37: ◆Rin.ODRFYM[saga]
2017/08/10(木) 00:22:54.80 ID:c5e7bYk30
*
ハナコと一緒に椅子に乗って、くるくる回りながら、少し考える。
楽しかった。その理由を。
なんでこんなに楽しかったんだろう、って。
歌は好きだった。
それは今日に始まったことじゃない。
じゃあ、なんでだろう。
「ねぇ、お父さん」
「ん?」
「私さ、なんで今日はあんなに楽しかったのか、よく分かんないんだよね」
「そういうの、理由とかあんまりないと思うけどな」
「……うーん」
「カラオケは何度も行ったことあるだろ?」
「うん」
「なら、いつもと違う何かがあったんじゃないか?」
「うーん……。
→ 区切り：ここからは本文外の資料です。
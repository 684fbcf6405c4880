-- ===== src/Reports/Total.antt =====
-- The report of a saved run is written, whatever the run was.
use vaultwatch.Base.{ℕ, String, ◌≡◌, sym, Option, none, some, List, [], ◌∷◌, map}
use mathlib.Core.Path.{subst}
use vaultwatch.Base.Exec.{Result, ok}
use vaultwatch.Base.Exec.Results.{◌>>=◌}
use vaultwatch.Runtime.{or_else, Runtime, strs}
use vaultwatch.Models.{RuleEngineVerdict, Alert}
use vaultwatch.Models.Values.{
  Json, Dict, str, obj, empty, get, item, subscript, list_of, items_of, list_of-items_of,
}
use vaultwatch.Llm.Transcripts.{get_from}
use vaultwatch.CaseRecord.{PipelineResult, Payment, CaseEvent}
use vaultwatch.CaseRecord.Dump.{event_dict, alert_dict, payment_dict, or_null}
use vaultwatch.Reports.{
  fstring, joined, iterated, spaced, escaped, row, receipt, finding, tool_evidence,
}
use vaultwatch.Reports.Reads.{journey_of, place_name, reasons_of, no_payment, no_alert}
use vaultwatch.Reports.Returns.{
  IsOk, IsOk-bind, Every, joined-IsOk, IsRule, IsReceipt, get_from-IsOk, spaced-strs, row-IsOk,
  receipt-IsOk, finding-IsOk,
}

abbrev pub rules_listed : {N : Type 0} → Option (RuleEngineVerdict N) → List (Dict N)
rules_listed none = []
rules_listed (some v) = v.triggered_rules

-- What the report needs of the answers of other services and of a caller's review: the rules and the
-- receipts have their fields, and the places of the review are dicts.
pub record IsReadable {N : Type 0} (r : PipelineResult N) : Type 0 where
  pub rules : Every IsRule (rules_listed r.rules)
  pub receipts : Every IsReceipt r.audit.entries
  pub origin : (d : Dict N) × (get_from (obj r.review) "origin" (obj empty) ≡ ok (obj d))
  pub location :
      (d : Dict N) × (get_from (obj r.review) "current_location" (obj empty) ≡ ok (obj d))

module _ (rt : Runtime) (iso_json iso : ℕ → String) where
  open rt use {Num}

  abbrev pub payment_of : Option (Payment Num) → Json Num
  payment_of o = or_else rt (or_null (λ p. obj (payment_dict iso_json iso p)) o) no_payment

  abbrev pub decision_of : Option (Alert Num) → Json Num
  decision_of o = or_else rt (or_null (λ a. obj (alert_dict iso_json iso a)) o) no_alert

  pub payment-action : (o : Option (Payment Num)) → IsOk (subscript (payment_of o) "action")
  unfolding or_else subscript item payment_dict
  payment-action none = tt
  payment-action (some p) = tt

  pub payment-reasons : (o : Option (Payment Num)) → IsOk (reasons_of (payment_of o))
  unfolding or_else subscript item payment_dict reasons_of iterated spaced
  payment-reasons none = tt
  payment-reasons (some p) =
      IsOk-bind (spaced {N = Num} (list_of (strs p.reasons))) _ (spaced-strs Num p.reasons) λ s. tt

  pub payment-status :
      (o : Option (Payment Num)) (v : Json Num)
      → IsOk (get_from (payment_of o) "execution_status" v)
  unfolding or_else get_from get payment_dict
  payment-status none v = tt
  payment-status (some p) v = tt

  pub decision-title : (o : Option (Alert Num)) → IsOk (subscript (decision_of o) "title")
  unfolding or_else subscript item alert_dict
  decision-title none = tt
  decision-title (some a) = tt

  pub decision-severity : (o : Option (Alert Num)) → IsOk (subscript (decision_of o) "severity")
  unfolding or_else subscript item alert_dict
  decision-severity none = tt
  decision-severity (some a) = tt

  place_name-IsOk :
      (review d : Dict Num) (k : String)
      → get_from (obj review) k (obj empty) ≡ ok (obj d)
      → IsOk (place_name rt (obj review) k)
  unfolding place_name
  place_name-IsOk review d k e =
      subst (λ r. IsOk (named r)) (sym e)
        (IsOk-bind (get_from (obj d) "name" (str "Not recorded")) _ (get_from-IsOk d "name" _)
          λ name. tt)
    where
      named : Result (Json Num) → Result String
      named r = do
        place ← r
        name ← get_from place "name" (str "Not recorded")
        ok (vaultwatch.Reports.str_of rt name)

  pub journey-IsOk : (r : PipelineResult Num) → IsReadable r → IsOk (journey_of rt (obj r.review))
  unfolding journey_of
  journey-IsOk r h =
      IsOk-bind (place_name rt (obj r.review) "origin") _ (place_name-IsOk r.review _ _ h.origin.1)
        λ origin.
          IsOk-bind (place_name rt (obj r.review) "current_location") _
            (place_name-IsOk r.review _ _ h.location.1) λ location. tt

  pub rows-IsOk :
      (es : List (CaseEvent Num))
      → IsOk (joined (row rt) (list_of (items_of (map (λ e. obj (event_dict iso_json iso e)) es))))
  rows-IsOk es =
      subst (λ xs. IsOk (joined (row rt) xs)) (sym (list_of-items_of _))
        (joined-IsOk (row rt) _ (each es))
    where
      each :
          (xs : List (CaseEvent Num))
          → Every (λ x. IsOk (row rt x)) (map (λ e. obj (event_dict iso_json iso e)) xs)
      each [] = tt
      each (x ∷ xs) = (row-IsOk rt iso_json iso x, each xs)

  pub receipts-IsOk :
      (es : List (Json Num))
      → Every IsReceipt es
      → IsOk (joined (receipt rt) (list_of (items_of es)))
  receipts-IsOk es h =
      subst (λ xs. IsOk (joined (receipt rt) xs)) (sym (list_of-items_of _))
        (joined-IsOk (receipt rt) es (each es h))
    where
      each : (xs : List (Json Num)) → Every IsReceipt xs → Every (λ x. IsOk (receipt rt x)) xs
      each [] h = tt
      each (x ∷ xs) h = (receipt-IsOk rt iso_json iso x h.0, each xs h.1)

  pub findings-IsOk :
      (ds : List (Dict Num))
      → Every IsRule ds
      → IsOk (joined (finding rt) (list_of (items_of (map obj ds))))
  findings-IsOk ds h =
      subst (λ xs. IsOk (joined (finding rt) xs)) (sym (list_of-items_of _))
        (joined-IsOk (finding rt) _ (each ds h))
    where
      each :
          (xs : List (Dict Num)) → Every IsRule xs → Every (λ x. IsOk (finding rt x)) (map obj xs)
      each [] h = tt
      each (x ∷ xs) h = (finding-IsOk rt iso_json iso x h.0, each xs h.1)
歌、上手だね、って褒められた……くらい?」
「他に理由は思い付く?」
「特には……ないかな」
「なら、きっと、そういうことなんだと思うぞ」
……そういうこと。
つまり、私は、私の歌を聞いてもらって、褒めてもらって、拍手までもらっちゃって、それがこんなに嬉しかったってことなんだろうか。
膝の上のハナコは、「うーん」と唸っている私を不思議そうな目で見ていた。